Finland’s over 300 professionally managed museums contain a rich and diverse selection of cultural heritage collections and information resources. The Finnish Heritage Agency serves as a cultural heritage expert, a service provider, a developer of its field and an official authority. It accrues, manages and presents the national cultural heritage and stores, produces and disseminates information. The Finnish National Gallery, the National Museum of Finland and the Finnish Museum of Natural History LUOMUS are national museums that guide the museums that operate under their auspices. Finland is also home to 16 national specialised museums, 22 regional museums and 16 regional art museums. The division of responsibility for professional preservation work, especially in the case of cultural history museums, is coordinated by the acquisitions, documentation and collection collaboration network TAKO. In addition to professionally managed museums, Finland is home to around 1,000 local museums and collections that are maintained by various associations, foundations, municipalities, corporations and private individuals.

According to museum statistics for 2016, the collections of professionally managed museums include over 50 million objects. These collections feature 5.5 million cultural heritage artefacts, of which 45% have been provided with descriptive metadata and 26% have been digitised. The art collections that are housed by museums include over 400,000 works of art.

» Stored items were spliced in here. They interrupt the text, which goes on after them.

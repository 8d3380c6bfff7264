-- ===== src/Engine/Decisions/Examples.antt =====
-- Two proposals wait for the operator, and the theorems on the wait at them.
use crypto_swing_bot.Prelude.{
  ℕ, ◌+◌, ◌≡◌, refl, ℤ, pos, true, none, some, List, [], ◌∷◌, All, arith,
}
use crypto_swing_bot.Float.Fixed.{fixed_decimal}
use crypto_swing_bot.Float.Whole.{whole_float, whole_convert}
use crypto_swing_bot.Domain.{Time}
use crypto_swing_bot.Risk.Breaker.{day}
use crypto_swing_bot.Notify.Approval.{pending, approved}
use crypto_swing_bot.Engine.World.{Proposal, long, World, Step, goes}
use crypto_swing_bot.Engine.Decisions.{
  await_decisions, await_loop, turn, select, receive, expire_all, by_id,
}
use crypto_swing_bot.Engine.Decisions.Answers.{
  IsSettled, await_decisions-ends, await_decisions-approved, LeavesLawful,
  await_decisions-LeavesLawful,
}
use crypto_swing_bot.Engine.Decisions.Turns.{is_granted}
use crypto_swing_bot.Engine.Decisions.Rows.{status_at}
use crypto_swing_bot.Engine.Tables.{update_proposal_status}

abbrev proposal : ℕ → Time → Proposal ℤ ℤ
proposal id expires_at = record {
  id = id;
  created_at = day;
  as_of = 0;
  symbol = 7;
  side = long;
  strategy = 1;
  score = some (pos 1);
  ref_price = pos 100;
  stop_price = some (pos 90);
  qty = pos 2;
  risk_amount = pos 20;
  status = pending;
  expires_at = expires_at;
  decided_at = 0;
  order_id = 0;
}

-- Two proposals wait; the operator approves the first, and the second is left to expire.
abbrev pub world : World ℤ ℤ
world = record {
  proposals = (4, proposal 4 (day + 100)) ∷ (5, proposal 5 (day + 100)) ∷ [];
  breaker_state = none;
  order_errors = [];
  snapshots = [];
  trades = [];
  markets = [];
  candles = [];
  notes = [];
  decisions = record { proposal_id = 4; approved = true; at_time = day + 30 } ∷ [];
  now = day;
  cancel_at = none;
  next_id = 0;
}

abbrev waiting : List (Proposal ℤ ℤ)
waiting = proposal 4 (day + 100) ∷ proposal 5 (day + 100) ∷ []

abbrev pub world_of : {A : Type 0} → Step ℤ ℤ A → World ℤ ℤ
world_of (goes a w) = w
world_of _ = world

abbrev approved_of : Step ℤ ℤ (List (Proposal ℤ ℤ)) → List (Proposal ℤ ℤ)
approved_of (goes qs w) = qs
approved_of _ = []

abbrev wait_result : Step ℤ ℤ (List (Proposal ℤ ℤ))
wait_result = await_decisions 110 (λ n. true) 40 waiting world

wait_goes : wait_result ≡ goes (approved_of wait_result) (world_of wait_result)
unfolding await_decisions await_loop turn select receive expire_all by_id update_proposal_status
wait_goes = refl

await_decisions-ends_example : IsSettled waiting wait_result
await_decisions-ends_example =
    await_decisions-ends (day + 100) 110 (λ n. true) 40 waiting world (omega arith) (omega arith)
      ((refl, omega arith), ((refl, omega arith), tt))

await_decisions-approved_example :
    All
      (λ q.
        (is_granted world.decisions q.id ≡ true)
        × (status_at q.id (world_of wait_result) ≡ some approved))
      (approved_of wait_result)
await_decisions-approved_example =
    await_decisions-approved (day + 100) 110 (λ n. true) 40 waiting (approved_of wait_result) world
      (world_of wait_result) (omega arith) (omega arith)
      ((refl, omega arith), ((refl, omega arith), tt)) wait_goes

-- The same wait, canceled behind the approval.
abbrev canceled_world : World ℤ ℤ
canceled_world = record world { cancel_at = some (day + 60) }

await_decisions-LeavesLawful_example :
    LeavesLawful canceled_world (await_decisions 110 (λ n. true) 40 waiting canceled_world)
await_decisions-LeavesLawful_example =
    await_decisions-LeavesLawful (day + 100) 110 (λ n. true) 40 waiting canceled_world (omega arith)
      (omega arith) ((refl, omega arith), ((refl, omega arith), tt))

Of these, 90% include descriptive metadata and 72% have been digitised. The photography collections contain almost 22.8 million photographs in all, of which 16% have been provided with descriptive metadata and 13% have been digitised. Finnish museums house 38,000 objects of audiovisual material, of which 41% have been provided with descriptive metadata and 45% digitised. The museums also feature collections of natural science that include 21.7 million objects in total. Of these, 3.6% have been provided with descriptive metadata and 0.8% have been digitised. The description and digitising process is set to continue.

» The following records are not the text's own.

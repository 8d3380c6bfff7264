-- ===== src/Engine/Scheduler.antt =====
-- internal/engine/scheduler.go: NextRunAt, parseHHMM, sleepUntil and Run. A string is the list of its
-- bytes.
pub mod Wakes
pub mod Lasts
mod Examples
use crypto_swing_bot.Prelude.{
  ℕ, zero, suc, ◌+◌, ◌-◌, ◌*◌, ℤ, pos, negsuc, Bool, true, false, ◌&&◌, ◌||◌, Option, none, some,
  List, [], ◌∷◌, if◌then◌else◌, ltb, leb, ◌==◌, any,
}
use crypto_swing_bot.Float.{Float, Decimal, Convert}
use crypto_swing_bot.Domain.{Time}
use crypto_swing_bot.Notify.Approval.{GoString, colon, cut}
use crypto_swing_bot.Engine.World.{
  World, Step, goes, stops, panics, M, ◌>>=◌, notify, resume_failed, day_failed, context_canceled,
  bad_run_at, out_of_fuel,
}
use crypto_swing_bot.Engine.Resubmit.{EngineConfig}
use crypto_swing_bot.Engine.Decisions.{is_due}
use crypto_swing_bot.Engine.Daily.{Surroundings, run_once, resume_pending}

-- What the package `time` knows of a location: the number of the local day of an instant, the instant
-- of a local day at a wall-clock time, and the wall-clock time of an instant, as `time.Date` may have
-- moved it.
pub record Location : Type 0 where
  pub day_of : Time → ℕ
  pub date_at : ℕ → ℕ × ℕ → Time
  pub clock_of : Time → ℕ × ℕ

-- The digits of a number from the first on; `none` is a byte that is no digit.
unfoldable pub digits : ℕ → GoString → Option ℕ
digits acc [] = some acc
digits acc (c ∷ cs) =
    let rest = digits (acc * 10 + (c - 48)) cs in if leb 48 c && leb c 57 then rest else none

abbrev pub unsigned : GoString → Option ℕ
unsigned [] = none
unsigned (c ∷ cs) = digits 0 (c ∷ cs)

-- A number behind a minus, which is in bounds only if it is 0.
abbrev pub minus_zero : Option ℕ → Option ℕ
minus_zero none = none
minus_zero (some n) = if n == 0 then some 0 else none

-- `strconv.Atoi`, for what `parseHHMM` accepts of it: no negative number, and no number that is out of
-- the range of an `int` either.
unfoldable pub atoi : GoString → Option ℕ
atoi [] = none
atoi (c ∷ cs) =
    if c == 43 then unsigned cs else if c == 45 then minus_zero (unsigned cs) else unsigned (c ∷ cs)

abbrev pub in_bounds : Option ℕ → Option ℕ → Option (ℕ × ℕ)
in_bounds none b = none
in_bounds (some hh) none = none
in_bounds (some hh) (some mm) = if ltb 23 hh || ltb 59 mm then none else some (hh, mm)

-- The two parts of a string with exactly one colon.
abbrev pub parse_parts : Option (GoString × GoString) → Option (ℕ × ℕ)
parse_parts none = none
parse_parts (some (a, b)) = if any (λ c. c == colon) b then none else in_bounds (atoi a) (atoi b)

-- `parseHHMM`; `none` is the error.
unfoldable pub parse_hhmm : GoString → Option (ℕ × ℕ)
parse_hhmm s = parse_parts (cut s)

abbrev pub next_at : Location → Time → Option (ℕ × ℕ) → Option Time
next_at loc now none = none
next_at loc now (some hhmm) =
    let today = loc.day_of now in
    let next = loc.date_at today hhmm in
    some (if ltb now next then next else loc.date_at (suc (loc.day_of next)) (loc.clock_of next))

-- `NextRunAt`
unfoldable pub next_run_at : Location → Time → GoString → Option Time
next_run_at loc now run_at = next_at loc now (parse_hhmm run_at)

-- `sleepPollCap`
abbrev pub minute : Time
minute = 60_000_000_000

abbrev pub step_of : Time → Time
step_of span = if ltb minute span then minute else span

module _ {F D : Type 0} where
  -- `sleepUntil`, on fuel.
  unfoldable pub sleep_until : ℕ → Time → M F D (Unit {0})
  sleep_until zero t w = stops out_of_fuel w
  sleep_until (suc n) t w =
      let slept = sleep_until n t (record w { now = w.now + step_of (t - w.now) }) in
      if is_due w.now w.cancel_at
      then stops context_canceled w
      else if ltb w.now t
      then slept
      else goes tt w

  abbrev pub check_context : M F D (Unit {0})
  check_context w = if is_due w.now w.cancel_at then stops context_canceled w else goes tt w

  -- An error of a day is told and passed over.
  abbrev pub survive : Step F D (Unit {0}) → Step F D (Unit {0})
  survive (goes u w) = goes u w
  survive (stops e w) = goes tt (notify day_failed w)
  survive panics = panics

  abbrev pub sleep_to : ℕ → Option Time → M F D (Unit {0})
  sleep_to fuel none w = stops bad_run_at w
  sleep_to fuel (some t) w = sleep_until fuel t w

module _ {F D : Type 0} ⦃f : Float F⦄ ⦃d : Decimal D⦄ ⦃c : Convert F D⦄ where
  -- One turn of the loop of `Run`.
  unfoldable pub run_turn :
      ℕ → Location → GoString → EngineConfig F D → Surroundings F D → M F D (Unit {0})
  run_turn fuel loc run_at cfg out = do
    _ ← λ w. sleep_to fuel (next_run_at loc w.now run_at) w
    _ ← check_context
    λ w. survive (run_once cfg out w)

  -- That many turns.
  unfoldable pub run_turns :
      ℕ → ℕ → Location → GoString → EngineConfig F D → Surroundings F D → M F D (Unit {0})
  run_turns zero fuel loc run_at cfg out w = goes tt w
  run_turns (suc n) fuel loc run_at cfg out w = elim (run_turn fuel loc run_at cfg out w) [
    | goes u w' ↦ run_turns n fuel loc run_at cfg out w'
    | stops e w' ↦ stops e w'
    | panics ↦ panics
  ]

  -- `Run`, up to that many turns of its loop, which has no other end than an error.
  unfoldable pub run :
      ℕ → ℕ → Location → GoString → EngineConfig F D → Surroundings F D → M F D (Unit {0})
  run turns fuel loc run_at cfg out w = elim (resume_pending cfg out w) [
    | goes u w' ↦ run_turns turns fuel loc run_at cfg out w'
    | stops e w' ↦ stops e (notify resume_failed w')
    | panics ↦ panics
  ]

The Finna.fi service contains over one million digital objects from museums. Photographs comprise the majority of datasets available online, with digitised artefacts as the second-largest group. The number of materials from museums continues to increase in Finna as new museums join the service and the digitising process continues in the museums that are already part of Finna. Finna interface only for museum materials is also available at museot.finna.fi. Some of the museums have also made their materials available through their own services or through joint online services created in collaboration with other museums.

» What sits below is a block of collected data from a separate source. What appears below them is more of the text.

-- ===== src/Engine/Scheduler/Wakes.antt =====
-- internal/engine/scheduler.go: the next time of the loop, and the sleep up to it.
use crypto_swing_bot.Prelude.{
  ℕ, zero, suc, ◌+◌, ◌-◌, ◌*◌, ◌≤◌, ◌<◌, ◌≡◌, refl, ◌∙◌, ap, inl, inr, true, false, Bool-cases,
  Option, none, some, if◌then◌else◌, ltb, arith,
}
use crypto_swing_bot.Domain.{Time}
use crypto_swing_bot.Notify.Approval.{GoString}
use crypto_swing_bot.Engine.World.{World, Step, goes, stops, panics, context_canceled}
use crypto_swing_bot.Engine.Decisions.{is_due}
use crypto_swing_bot.Engine.Scheduler.{
  Location, parse_hhmm, next_at, next_run_at, minute, step_of, sleep_until,
}

-- Every time of a later local day is after the instant.
abbrev pub IsCalendar : Location → Type 0
IsCalendar loc =
    (now : Time) (later : ℕ) (hhmm : ℕ × ℕ) → loc.day_of now < later → now < loc.date_at later hhmm

next_at-future :
    (loc : Location) (now t : Time) (hhmm : Option (ℕ × ℕ))
    → IsCalendar loc
    → ((day : ℕ) (at_time : ℕ × ℕ) → day ≤ loc.day_of (loc.date_at day at_time))
    → next_at loc now hhmm ≡ some t
    → now < t
next_at-future loc now t none c same e = absurd (ground (arith, e))
next_at-future loc now t (some hhmm) c same e =
    let next = loc.date_at (loc.day_of now) hhmm in
    elim (Bool-cases (ltb now next)) [
      | inl ahead ↦ ground (arith, ahead, e)
      | inr behind ↦
          let later =
            c now (suc (loc.day_of next)) (loc.clock_of next)
              (omega (arith, same (loc.day_of now) hhmm)) in
          ground (arith, behind, later, e)
    ]

-- A time that is scheduled is always in the future, in a location where each time of a later day is
-- after each instant of a day, and where a time of a day lies on that day or a later one.
pub next_run_at-future :
    (loc : Location) (now t : Time) (run_at : GoString)
    → IsCalendar loc
    → ((day : ℕ) (at_time : ℕ × ℕ) → day ≤ loc.day_of (loc.date_at day at_time))
    → next_run_at loc now run_at ≡ some t
    → now < t
unfolding next_run_at
next_run_at-future loc now t run_at c same e = next_at-future loc now t (parse_hhmm run_at) c same e

abbrev pub later : Time → Time → Time
later a b = if ltb a b then b else a

later_step : (t now : Time) → ltb now t ≡ true → later (now + step_of (t - now)) t ≡ later now t
later_step t now h = ground (arith, h)

later_past : (t now : Time) → ltb now t ≡ false → now ≡ later now t
later_past t now h = rw h refl

module _ {F D : Type 0} where
  -- The sleep is over at the instant that it was for, or at once, and changed the clock only; or the
  -- program was canceled.
  abbrev pub IsAwake : Time → World F D → Step F D (Unit {0}) → Type 0
  IsAwake t w (goes u w') = w' ≡ record w { now = later w.now t }
  IsAwake t w (stops e w') = (e ≡ context_canceled) × (is_due w'.now w'.cancel_at ≡ true)
  IsAwake t w panics = ⊥

  IsAwake-step :
      (t : Time) (w : World F D) (s : Step F D (Unit {0}))
      → ltb w.now t ≡ true
      → IsAwake t (record w { now = w.now + step_of (t - w.now) }) s
      → IsAwake t w s
  IsAwake-step t w (goes u w') h a = a ∙ ap (λ n. record w { now = n }) (later_step t w.now h)
  IsAwake-step t w (stops e w') h a = a
  IsAwake-step t w panics h a = a

  -- With one turn for each minute that the instant lies ahead, and one more, the sleep ends: exactly
  -- at the instant, or at once if that is past, unless it is cut short by a cancellation that is due.
  pub sleep_until-ends :
      (n : ℕ) (t : Time) (w : World F D)
      → t ≤ w.now + n * minute
      → IsAwake t w (sleep_until (suc n) t w)
  unfolding sleep_until
  sleep_until-ends zero t w h =
      let past : ltb w.now t ≡ false = ground (arith, h) in
      elim (Bool-cases (is_due w.now w.cancel_at)) [
        | inl due ↦ rw due (refl, due)
        | inr going ↦ rw (going, past) (ap (λ m. record w { now = m }) (later_past t w.now past))
      ]
  sleep_until-ends (suc n) t w h = elim (Bool-cases (is_due w.now w.cancel_at)) [
    | inl due ↦ rw due (refl, due)
    | inr going ↦ elim (Bool-cases (ltb w.now t)) [
      | inl ahead ↦
          rw (going, ahead)
            (IsAwake-step t w
              (sleep_until (suc n) t (record w { now = w.now + step_of (t - w.now) })) ahead
              (sleep_until-ends n t (record w { now = w.now + step_of (t - w.now) })
                (ground (arith, h))))
      | inr past ↦ rw (going, past) (ap (λ m. record w { now = m }) (later_past t w.now past))
    ]
  ]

The Finnish Heritage Agency gathers information on cultural environments and their preservation. The largest single dataset is the register for archaeological sites, but information is also stored on built environments, world heritage sites and, for example, archaeological projects. The best way to access this information is via the cultural environment service portal.

An increasing number of museums have shared their materials through the Finna.fi service and elsewhere using a set of terms that enable their further use and reuse. The Finnish National Gallery has prepared a summary on the open data that it offers. The Finnish Heritage Agency’s open datasets are available on the Avoindata.fi website.